A human rights group has called on the police and military to release the body of a female farmworker who was killed during a December 17 shootout in Baras, Rizal.
According to Karapatan, the Baras Municipal Police Station has refused to release Vilma Salabao’s remains to her bereaved family.
Salabao was one of the five farmworkers at a private mango farm in Barangay San Juan who had been tagged as communist rebels and shot dead by authorities.
The group identified the other slain farmworkers based on morgue records as Wesley Obmerga, Carlito Zonio, Jhonatan, and Niño Alberga.
They were killed when joint police and military operatives went to the area to serve the warrant of arrest against Antonio Cule, an alleged finance officer of the New People’s Army (NPA), the armed wing of the Communist Party of the Philippine (CPP).
“We call on the police and the military to release Salabao’s remains and to let her family grieve for her death,” Karapatan secretary general Cristina Palabay said.
Karapatan’s local chapter in Southern Tagalog had sent a fact-finding mission to look into the killings of the five farmworkers in Baras.
Families of the four men had already recovered their bodies and buried them, but Salabao’s body remains at the morgue under police custody.

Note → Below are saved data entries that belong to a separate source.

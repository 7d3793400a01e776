-- ===== src/Bench/Report.antt =====
-- What the client mode of `main` in bench/src/main.c reports.
use tlshub_ebpf.Base.{
  ℕ, suc, ◌+◌, ◌≤◌, ◌<◌, ◌≡◌, refl, ap, ◌∙◌, inl, inr, Bool, true, false, Option, none, some, List,
  [], ◌∷◌, Bytes, ltb, length, take, take_all, Bool-cases, arith,
}
use tlshub_ebpf.Stdio.{c_string}
use tlshub_ebpf.Metrics.Types.{Doubles, Clock}
use tlshub_ebpf.Bench.Types.{client, BenchConfig, ConnStats, GlobalMetrics}
use tlshub_ebpf.Bench.Metrics.{Resources, init_metrics, finalize_averages, finalize_metrics}
use tlshub_ebpf.Bench.Export.{
  Report, details_of, report_of, export_metrics_json, export_metrics_csv,
}
use tlshub_ebpf.Bench.Sockets.{TcpSockets}
use tlshub_ebpf.Bench.Finite.{IsFinite}
use tlshub_ebpf.Bench.Accounts.{SameCounts, run_tcp_client-Accounted}
use tlshub_ebpf.Bench.Options.{configured, init_config, parse_options}
use tlshub_ebpf.Bench.Ranges.{OfParsed, InRange, parse_options-InRange, init_config-InRange}
use tlshub_ebpf.Bench.Main.{Host, Ending, Bounds, export_all, run_client, run_mode, main}

-- What a file holds: nothing if it could not be opened, and otherwise a report on `n` connections, each either
-- successful or failed.
abbrev pub IsComplete : {F : Type 0} → ℕ → Bool → Option (Report F) → Type 0
IsComplete n false none = Unit {0}
IsComplete n false (some r) = ⊥
IsComplete n true none = ⊥
IsComplete n true (some r) =
    (length r.details ≡ n)
    × (r.planned_connections ≡ n)
    × (r.summary.total_connections ≡ n)
    × (r.summary.successful_connections + r.summary.failed_connections ≡ n)
    × (r.summary.timeout_connections ≡ 0)

module _ {F : Type 0} where
  length-details_of : (ss : List (ConnStats F)) → length (details_of ss) ≡ length ss
  unfolding details_of
  length-details_of [] = refl
  length-details_of (s ∷ ss) = ap suc (length-details_of ss)

  abbrev Complete : ℕ → List (ConnStats F) → GlobalMetrics F → Type 0
  Complete n ss m =
      (length ss ≡ n)
      × (m.total_connections ≡ n)
      × (m.successful_connections + m.failed_connections ≡ n)
      × (m.timeout_connections ≡ 0)

  report_of-IsComplete :
      (config : BenchConfig) (ss : List (ConnStats F)) (m : GlobalMetrics F)
      → Complete config.total_connections ss m
      → IsComplete config.total_connections true
          (some (report_of config m (take config.total_connections ss)))
  unfolding report_of
  report_of-IsComplete config ss m (size, t, c, o) = (
    length-details_of (take config.total_connections ss)
        ∙ (ap length (take_all config.total_connections ss (omega arith)) ∙ size),
    refl,
    t,
    c,
    o,
  )

  export_json-IsComplete :
      (opens : Bool) (config : BenchConfig) (ss : List (ConnStats F)) (m : GlobalMetrics F)
      → Complete config.total_connections ss m
      → IsComplete config.total_connections opens
          (export_metrics_json opens config m ss config.total_connections).1
  unfolding export_metrics_json
  export_json-IsComplete true config ss m h = report_of-IsComplete config ss m h
  export_json-IsComplete false config ss m h = tt

  export_csv-IsComplete :
      (opens : Bool) (config : BenchConfig) (ss : List (ConnStats F)) (m : GlobalMetrics F)
      → Complete config.total_connections ss m
      → IsComplete config.total_connections opens
          (export_metrics_csv opens config m ss config.total_connections).1
  unfolding export_metrics_csv
  export_csv-IsComplete true config ss m h = report_of-IsComplete config ss m h
  export_csv-IsComplete false config ss m h = tt

-- The state `v` before the two files were opened; each holds what it should by whether it could be opened.
abbrev pub HasReports :
    {F W : Type 0} → TcpSockets W → Host W → BenchConfig → Ending F W → W → Type 0
HasReports net host config e v =
    let (json_opens, v1) = host.fopen (c_string config.output_json) v in
    let (csv_opens, v2) = host.fopen (c_string config.output_csv) v1 in
    (e.world ≡ net.free v2)
    × IsComplete config.total_connections json_opens e.json
    × IsComplete config.total_connections csv_opens e.csv

module _ {F : Type 0} (fp : Doubles F) {W : Type 0} (sys : Clock W) (net : TcpSockets W)
    (res : Resources W) (host : Host W) where
  finalize_averages-SameCounts : (m : GlobalMetrics F) → SameCounts m (finalize_averages fp m)
  unfolding finalize_averages
  finalize_averages-SameCounts m = elim (Bool-cases (ltb 0 m.successful_connections)) [
    | inl e ↦ rw (finalize_averages, e) (refl, refl, refl, refl, refl, refl)
    | inr e ↦ rw (finalize_averages, e) (refl, refl, refl, refl, refl, refl)
  ]

  finalize_metrics-SameCounts :
      (m : GlobalMetrics F) (w : W) → SameCounts m (finalize_metrics fp sys res m w).0
  unfolding finalize_metrics
  finalize_metrics-SameCounts m w = finalize_averages-SameCounts m

  run_mode-client :
      (bounds : Bounds) (config : BenchConfig) (w : W)
      → (host.calloc config.total_connections w).0 ≡ true
      → run_mode fp sys net res host bounds client config w
        ≡ run_client fp sys net res host bounds.fuel config
            (host.calloc config.total_connections w).1
  unfolding run_mode
  run_mode-client bounds config w allocated = rw (run_mode, allocated) refl

  main-client :
      (bounds : Bounds) (json csv : Bytes) (options : List (ℕ × Bytes)) (config : BenchConfig)
      (w : W)
      → parse_options (init_config json csv) options ≡ configured config
      → config.mode ≡ client
      → (host.calloc config.total_connections w).0 ≡ true
      → main fp sys net res host bounds json csv options w
        ≡ run_client fp sys net res host bounds.fuel config
            (host.calloc config.total_connections w).1
  unfolding main
  main-client bounds json csv options config w parsed mode allocated =
      let started : main fp sys net res host bounds json csv options w
          ≡ run_mode fp sys net res host bounds config.mode config w =
        rw (main, parsed) refl in
      started
      ∙ (ap (λ x. run_mode fp sys net res host bounds x config w) mode
          ∙ run_mode-client bounds config w allocated)

  module _ (budget : W → ℕ) (finite : IsFinite sys net budget) where
    pub run_client-IsComplete :
        (fuel : ℕ) (config : BenchConfig) (w : W)
        → config.data_size + budget w < fuel
        → (e : Ending F W) × (run_client fp sys net res host fuel config w ≡ some e)
          × (e.status ≡ 0)
          × ((v : W) × HasReports net host config e v)
    unfolding run_client export_all init_metrics
    run_client-IsComplete fuel config w enough =
        let (m, w1) = init_metrics fp sys res w in
        let le = finite.gettime_le w in
        let (o, run, size, accounts) =
          run_tcp_client-Accounted fp sys net budget finite fuel config m w1 (omega arith) in
        let (t, c, f, all, z, b, r) = accounts in
        let (m2, w3) = finalize_metrics fp sys res o.1 o.2 in
        let (t', c', f', z', b', r') = finalize_metrics-SameCounts o.1 o.2 in
        let complete : Complete config.total_connections o.0 m2 =
          (size, omega arith, omega arith, z' ∙ z) in
        (
          export_all fp sys net res host config (o.0, m2, w3),
          rw (run_client, run) refl,
          refl,
          (
            w3,
            (
              refl,
              export_json-IsComplete (host.fopen (c_string config.output_json) w3).0 config o.0 m2
                  complete,
              export_csv-IsComplete _ config o.0 m2 complete,
            ),
          ),
        )

    -- For options that lead into the client mode, with an array and fuel for the largest data size and for the
    -- budget of bytes to come and of signals, `main` ends with status 0. Of the two files, each
    -- that `fopen` opened at the end holds a report on as many connections as were planned, each counted as
    -- successful or failed and none as a timeout, and one that it could not open holds none.
    pub main-IsComplete :
        (bounds : Bounds) (json csv : Bytes) (options : List (ℕ × Bytes)) (config : BenchConfig)
        (w : W)
        → parse_options (init_config json csv) options ≡ configured config
        → config.mode ≡ client
        → (host.calloc config.total_connections w).0 ≡ true
        → budget (host.calloc config.total_connections w).1 ≤ budget w
        → 10485760 + budget w < bounds.fuel
        → (e : Ending F W) × (main fp sys net res host bounds json csv options w ≡ some e)
          × (e.status ≡ 0)
          × ((v : W) × HasReports net host config e v)
    main-IsComplete bounds json csv options config w parsed mode allocated le enough =
        let ranges : OfParsed InRange (parse_options (init_config json csv) options) =
          parse_options-InRange (init_config json csv) options (init_config-InRange json csv) in
        let (target, listen, size, concurrency, total) = rw parsed at ranges in
        let (least, most) = size in
        let (e, run, status, reports) =
          run_client-IsComplete bounds.fuel config (host.calloc config.total_connections w).1
            (omega arith) in
        (
          e,
          main-client bounds json csv options config w parsed mode allocated ∙ run,
          status,
          reports,
        )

Karapatan said the bodies of the male farmworkers bore “signs of torture and mutilitation,” citing their teeth were removed and their hands pounded. The testicles of the Alberga brothers were also burned, it said.
Residents told the fact-finding mission team the victims cried for help upon arrival of the State forces, belying its claim of a shootout.
Palabay also said residents expressed surprise at accusations that the slain farmworkers were communist rebels.